***** SOURCE INFORMATION *****

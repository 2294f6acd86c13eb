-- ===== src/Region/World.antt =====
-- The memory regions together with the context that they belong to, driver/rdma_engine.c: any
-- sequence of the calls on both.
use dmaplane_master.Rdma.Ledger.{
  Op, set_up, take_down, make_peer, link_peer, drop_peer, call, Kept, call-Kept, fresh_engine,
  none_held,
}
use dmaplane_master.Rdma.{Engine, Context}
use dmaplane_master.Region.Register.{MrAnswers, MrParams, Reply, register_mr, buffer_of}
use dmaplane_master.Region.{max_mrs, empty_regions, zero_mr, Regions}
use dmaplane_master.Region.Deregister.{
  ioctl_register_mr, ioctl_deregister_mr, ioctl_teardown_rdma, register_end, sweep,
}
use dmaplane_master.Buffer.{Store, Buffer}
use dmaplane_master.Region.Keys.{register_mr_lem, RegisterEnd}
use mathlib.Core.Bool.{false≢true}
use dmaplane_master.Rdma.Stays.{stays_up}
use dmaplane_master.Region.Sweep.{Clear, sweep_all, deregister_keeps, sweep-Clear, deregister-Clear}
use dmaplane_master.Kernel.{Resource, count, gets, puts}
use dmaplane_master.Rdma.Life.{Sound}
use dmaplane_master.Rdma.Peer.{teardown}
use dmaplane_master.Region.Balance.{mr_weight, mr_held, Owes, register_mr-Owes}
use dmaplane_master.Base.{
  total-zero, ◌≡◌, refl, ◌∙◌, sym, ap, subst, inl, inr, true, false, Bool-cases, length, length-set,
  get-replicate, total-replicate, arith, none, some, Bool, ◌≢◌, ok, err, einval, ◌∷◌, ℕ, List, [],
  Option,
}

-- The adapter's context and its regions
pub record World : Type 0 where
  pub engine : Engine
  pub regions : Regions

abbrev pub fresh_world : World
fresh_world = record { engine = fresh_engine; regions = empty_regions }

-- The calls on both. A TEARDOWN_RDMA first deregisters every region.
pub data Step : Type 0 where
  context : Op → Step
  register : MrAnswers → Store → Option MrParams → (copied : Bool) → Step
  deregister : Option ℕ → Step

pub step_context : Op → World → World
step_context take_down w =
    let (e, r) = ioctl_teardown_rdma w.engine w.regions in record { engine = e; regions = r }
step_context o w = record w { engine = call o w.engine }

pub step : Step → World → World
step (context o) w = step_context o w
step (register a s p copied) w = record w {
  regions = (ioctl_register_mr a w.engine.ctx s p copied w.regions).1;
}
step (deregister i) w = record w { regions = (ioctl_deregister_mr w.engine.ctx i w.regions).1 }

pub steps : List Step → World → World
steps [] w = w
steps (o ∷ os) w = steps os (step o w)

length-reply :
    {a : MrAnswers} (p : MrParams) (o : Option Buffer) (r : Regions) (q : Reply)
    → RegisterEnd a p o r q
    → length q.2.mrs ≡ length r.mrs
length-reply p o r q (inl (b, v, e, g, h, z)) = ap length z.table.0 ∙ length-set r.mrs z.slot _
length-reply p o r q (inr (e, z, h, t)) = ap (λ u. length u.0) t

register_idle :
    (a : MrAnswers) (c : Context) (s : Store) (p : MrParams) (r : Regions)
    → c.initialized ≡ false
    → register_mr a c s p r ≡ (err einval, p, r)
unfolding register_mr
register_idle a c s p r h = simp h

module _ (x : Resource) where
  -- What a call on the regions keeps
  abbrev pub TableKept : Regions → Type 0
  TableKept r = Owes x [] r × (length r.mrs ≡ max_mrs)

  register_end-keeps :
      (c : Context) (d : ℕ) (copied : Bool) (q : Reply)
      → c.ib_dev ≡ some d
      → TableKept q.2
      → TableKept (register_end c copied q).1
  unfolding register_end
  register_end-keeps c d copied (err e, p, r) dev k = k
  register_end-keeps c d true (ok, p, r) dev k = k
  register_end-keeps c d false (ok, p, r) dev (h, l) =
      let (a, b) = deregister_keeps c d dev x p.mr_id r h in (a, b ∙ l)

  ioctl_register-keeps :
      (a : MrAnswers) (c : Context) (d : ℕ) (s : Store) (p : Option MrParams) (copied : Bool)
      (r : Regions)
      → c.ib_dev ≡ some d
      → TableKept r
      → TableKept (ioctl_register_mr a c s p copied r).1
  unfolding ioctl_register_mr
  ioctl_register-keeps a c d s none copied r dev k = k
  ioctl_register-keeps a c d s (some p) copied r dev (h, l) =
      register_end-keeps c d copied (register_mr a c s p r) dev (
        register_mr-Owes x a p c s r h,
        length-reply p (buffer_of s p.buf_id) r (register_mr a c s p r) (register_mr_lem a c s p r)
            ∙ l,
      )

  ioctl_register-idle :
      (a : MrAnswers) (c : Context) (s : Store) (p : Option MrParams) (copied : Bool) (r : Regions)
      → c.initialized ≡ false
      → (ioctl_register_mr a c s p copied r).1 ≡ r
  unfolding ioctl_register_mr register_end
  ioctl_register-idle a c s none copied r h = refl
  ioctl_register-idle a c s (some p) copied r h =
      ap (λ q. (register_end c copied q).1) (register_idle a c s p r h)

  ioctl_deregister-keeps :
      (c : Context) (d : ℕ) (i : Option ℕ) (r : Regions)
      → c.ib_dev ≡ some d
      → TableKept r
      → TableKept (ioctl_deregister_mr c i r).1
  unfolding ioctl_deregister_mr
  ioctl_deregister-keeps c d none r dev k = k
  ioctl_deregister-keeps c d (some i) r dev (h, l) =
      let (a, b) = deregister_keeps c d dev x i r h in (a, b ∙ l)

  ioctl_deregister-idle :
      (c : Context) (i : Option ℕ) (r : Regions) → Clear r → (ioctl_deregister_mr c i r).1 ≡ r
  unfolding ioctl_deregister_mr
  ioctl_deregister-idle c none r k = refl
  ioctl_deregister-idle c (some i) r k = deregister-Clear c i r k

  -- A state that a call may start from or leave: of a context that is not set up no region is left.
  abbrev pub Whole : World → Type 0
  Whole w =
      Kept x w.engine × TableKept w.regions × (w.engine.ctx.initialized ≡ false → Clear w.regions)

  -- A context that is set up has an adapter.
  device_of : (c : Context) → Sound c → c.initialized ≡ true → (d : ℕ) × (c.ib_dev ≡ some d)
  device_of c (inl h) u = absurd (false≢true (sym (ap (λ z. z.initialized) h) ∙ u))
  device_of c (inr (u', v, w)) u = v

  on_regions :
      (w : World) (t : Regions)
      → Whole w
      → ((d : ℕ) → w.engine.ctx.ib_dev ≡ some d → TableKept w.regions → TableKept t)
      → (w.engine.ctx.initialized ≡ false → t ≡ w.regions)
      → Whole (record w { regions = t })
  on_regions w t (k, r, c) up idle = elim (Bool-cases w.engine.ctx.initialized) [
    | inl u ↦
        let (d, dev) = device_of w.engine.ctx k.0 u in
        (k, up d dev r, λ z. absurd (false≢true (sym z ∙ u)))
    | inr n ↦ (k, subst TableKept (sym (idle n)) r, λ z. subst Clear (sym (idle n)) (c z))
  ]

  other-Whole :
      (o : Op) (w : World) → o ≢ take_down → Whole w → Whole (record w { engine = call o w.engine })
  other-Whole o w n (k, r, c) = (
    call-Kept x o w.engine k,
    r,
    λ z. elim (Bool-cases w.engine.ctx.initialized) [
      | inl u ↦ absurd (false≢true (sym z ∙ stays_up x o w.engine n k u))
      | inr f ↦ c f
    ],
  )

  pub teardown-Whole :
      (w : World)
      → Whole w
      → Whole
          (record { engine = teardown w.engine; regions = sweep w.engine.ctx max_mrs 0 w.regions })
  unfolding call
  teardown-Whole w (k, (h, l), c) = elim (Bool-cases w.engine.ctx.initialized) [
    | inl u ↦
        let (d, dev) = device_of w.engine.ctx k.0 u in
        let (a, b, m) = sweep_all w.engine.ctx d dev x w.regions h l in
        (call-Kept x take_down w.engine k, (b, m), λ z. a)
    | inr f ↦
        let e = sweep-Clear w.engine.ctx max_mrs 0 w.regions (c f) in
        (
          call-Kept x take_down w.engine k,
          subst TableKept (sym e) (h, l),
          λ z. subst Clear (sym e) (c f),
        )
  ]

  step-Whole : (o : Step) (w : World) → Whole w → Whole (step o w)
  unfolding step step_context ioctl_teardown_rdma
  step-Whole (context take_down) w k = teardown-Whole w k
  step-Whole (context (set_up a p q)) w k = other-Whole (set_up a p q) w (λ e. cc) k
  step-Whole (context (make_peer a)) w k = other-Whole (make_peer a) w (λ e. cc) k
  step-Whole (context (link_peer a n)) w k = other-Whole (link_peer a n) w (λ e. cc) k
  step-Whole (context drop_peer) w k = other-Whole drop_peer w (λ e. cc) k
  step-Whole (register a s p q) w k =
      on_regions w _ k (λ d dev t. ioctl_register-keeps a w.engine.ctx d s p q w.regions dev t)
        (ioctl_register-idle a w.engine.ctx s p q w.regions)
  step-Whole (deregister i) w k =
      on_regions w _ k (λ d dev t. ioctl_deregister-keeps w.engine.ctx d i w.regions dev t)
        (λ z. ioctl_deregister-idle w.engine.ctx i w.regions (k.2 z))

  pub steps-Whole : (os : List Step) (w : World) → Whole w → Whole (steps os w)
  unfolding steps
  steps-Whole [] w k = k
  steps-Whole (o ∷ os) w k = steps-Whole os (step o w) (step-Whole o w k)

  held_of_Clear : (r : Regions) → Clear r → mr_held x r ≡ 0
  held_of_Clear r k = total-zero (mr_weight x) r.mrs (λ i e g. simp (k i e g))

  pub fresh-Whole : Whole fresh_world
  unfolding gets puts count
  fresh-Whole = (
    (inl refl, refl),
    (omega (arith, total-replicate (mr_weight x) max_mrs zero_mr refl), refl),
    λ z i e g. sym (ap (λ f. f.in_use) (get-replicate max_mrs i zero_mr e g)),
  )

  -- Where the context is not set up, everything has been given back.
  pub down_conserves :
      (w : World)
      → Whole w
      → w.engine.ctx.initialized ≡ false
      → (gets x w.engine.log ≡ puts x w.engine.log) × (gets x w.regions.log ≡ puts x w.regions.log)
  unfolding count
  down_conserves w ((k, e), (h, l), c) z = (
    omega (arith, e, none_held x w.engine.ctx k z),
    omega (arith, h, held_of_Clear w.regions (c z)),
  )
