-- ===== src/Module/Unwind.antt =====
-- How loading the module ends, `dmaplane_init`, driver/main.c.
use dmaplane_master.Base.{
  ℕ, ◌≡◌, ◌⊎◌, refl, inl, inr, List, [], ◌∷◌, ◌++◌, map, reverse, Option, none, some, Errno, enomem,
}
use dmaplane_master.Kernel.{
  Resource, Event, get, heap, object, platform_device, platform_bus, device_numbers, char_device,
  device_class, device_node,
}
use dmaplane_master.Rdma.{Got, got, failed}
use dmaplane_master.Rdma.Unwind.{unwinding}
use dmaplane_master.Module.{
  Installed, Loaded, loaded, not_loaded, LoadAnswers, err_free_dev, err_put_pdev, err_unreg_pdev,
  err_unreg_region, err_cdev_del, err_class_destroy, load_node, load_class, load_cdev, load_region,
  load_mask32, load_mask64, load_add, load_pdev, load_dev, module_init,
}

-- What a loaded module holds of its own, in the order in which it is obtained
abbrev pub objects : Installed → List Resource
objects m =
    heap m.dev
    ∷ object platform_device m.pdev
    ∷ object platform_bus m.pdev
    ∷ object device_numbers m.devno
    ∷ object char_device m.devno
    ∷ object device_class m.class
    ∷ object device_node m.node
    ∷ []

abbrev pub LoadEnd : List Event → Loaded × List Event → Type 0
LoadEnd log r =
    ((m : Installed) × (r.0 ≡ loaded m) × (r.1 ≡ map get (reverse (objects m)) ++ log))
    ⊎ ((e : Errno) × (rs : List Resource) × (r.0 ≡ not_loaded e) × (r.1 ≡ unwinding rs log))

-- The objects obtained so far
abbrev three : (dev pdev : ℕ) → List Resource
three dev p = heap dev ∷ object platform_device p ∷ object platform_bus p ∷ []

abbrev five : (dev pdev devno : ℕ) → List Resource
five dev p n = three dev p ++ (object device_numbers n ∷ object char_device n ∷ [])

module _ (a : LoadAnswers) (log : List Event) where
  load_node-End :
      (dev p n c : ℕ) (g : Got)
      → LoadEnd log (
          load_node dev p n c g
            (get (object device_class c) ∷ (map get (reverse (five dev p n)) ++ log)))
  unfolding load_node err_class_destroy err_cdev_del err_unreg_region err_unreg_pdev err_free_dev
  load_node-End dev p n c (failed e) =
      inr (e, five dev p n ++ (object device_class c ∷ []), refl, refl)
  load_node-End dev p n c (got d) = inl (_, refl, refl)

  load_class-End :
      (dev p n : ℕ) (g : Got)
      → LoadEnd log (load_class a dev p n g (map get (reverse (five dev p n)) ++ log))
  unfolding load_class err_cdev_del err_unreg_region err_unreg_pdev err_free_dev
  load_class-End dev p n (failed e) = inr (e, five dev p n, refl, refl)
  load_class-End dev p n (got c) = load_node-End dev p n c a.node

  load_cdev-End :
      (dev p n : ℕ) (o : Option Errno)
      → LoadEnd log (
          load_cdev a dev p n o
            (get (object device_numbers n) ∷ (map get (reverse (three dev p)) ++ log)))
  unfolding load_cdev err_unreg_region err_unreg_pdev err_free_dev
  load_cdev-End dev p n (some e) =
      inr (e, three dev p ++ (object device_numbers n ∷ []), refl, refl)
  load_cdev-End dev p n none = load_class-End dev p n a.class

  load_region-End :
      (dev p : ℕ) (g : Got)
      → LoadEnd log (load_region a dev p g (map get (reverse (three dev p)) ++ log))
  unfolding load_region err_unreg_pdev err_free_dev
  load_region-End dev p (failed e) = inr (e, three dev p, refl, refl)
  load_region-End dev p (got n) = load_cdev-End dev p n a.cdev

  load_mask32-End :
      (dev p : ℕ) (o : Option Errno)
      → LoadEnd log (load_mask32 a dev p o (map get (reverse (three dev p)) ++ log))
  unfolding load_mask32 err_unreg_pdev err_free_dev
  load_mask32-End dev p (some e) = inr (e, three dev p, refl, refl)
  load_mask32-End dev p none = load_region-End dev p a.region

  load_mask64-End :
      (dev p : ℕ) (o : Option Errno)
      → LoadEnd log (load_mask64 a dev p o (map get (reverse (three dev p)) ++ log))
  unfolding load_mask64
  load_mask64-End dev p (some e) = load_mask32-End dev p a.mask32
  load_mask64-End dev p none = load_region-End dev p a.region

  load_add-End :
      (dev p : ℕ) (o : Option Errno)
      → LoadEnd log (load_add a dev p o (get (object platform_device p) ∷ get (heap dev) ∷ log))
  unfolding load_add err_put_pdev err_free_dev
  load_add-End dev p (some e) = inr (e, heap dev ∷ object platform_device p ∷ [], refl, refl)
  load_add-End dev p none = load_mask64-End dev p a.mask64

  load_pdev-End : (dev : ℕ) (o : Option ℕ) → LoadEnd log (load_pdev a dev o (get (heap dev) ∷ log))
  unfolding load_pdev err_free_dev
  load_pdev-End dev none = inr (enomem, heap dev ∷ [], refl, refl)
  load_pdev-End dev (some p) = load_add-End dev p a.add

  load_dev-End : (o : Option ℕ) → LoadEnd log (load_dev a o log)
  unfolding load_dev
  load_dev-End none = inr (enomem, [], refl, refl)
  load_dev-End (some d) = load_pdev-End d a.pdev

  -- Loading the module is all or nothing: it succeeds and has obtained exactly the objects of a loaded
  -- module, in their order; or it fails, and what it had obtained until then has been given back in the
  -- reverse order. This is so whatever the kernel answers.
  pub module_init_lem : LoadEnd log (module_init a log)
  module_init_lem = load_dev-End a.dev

*****

**TASK BRIEF**
Copy out every line of the entries where the string "true" shows up.

**OUTPUT BELOW**
use mathlib.Core.Bool.{false≢true}
  total-zero, ◌≡◌, refl, ◌∙◌, sym, ap, subst, inl, inr, true, false, Bool-cases, length, length-set,
  register_end-keeps c d true (ok, p, r) dev k = k
  device_of : (c : Context) → Sound c → c.initialized ≡ true → (d : ℕ) × (c.ib_dev ≡ some d)
  device_of c (inl h) u = absurd (false≢true (sym (ap (λ z. z.initialized) h) ∙ u))
        (k, up d dev r, λ z. absurd (false≢true (sym z ∙ u)))
      | inl u ↦ absurd (false≢true (sym z ∙ stays_up x o w.engine n k u))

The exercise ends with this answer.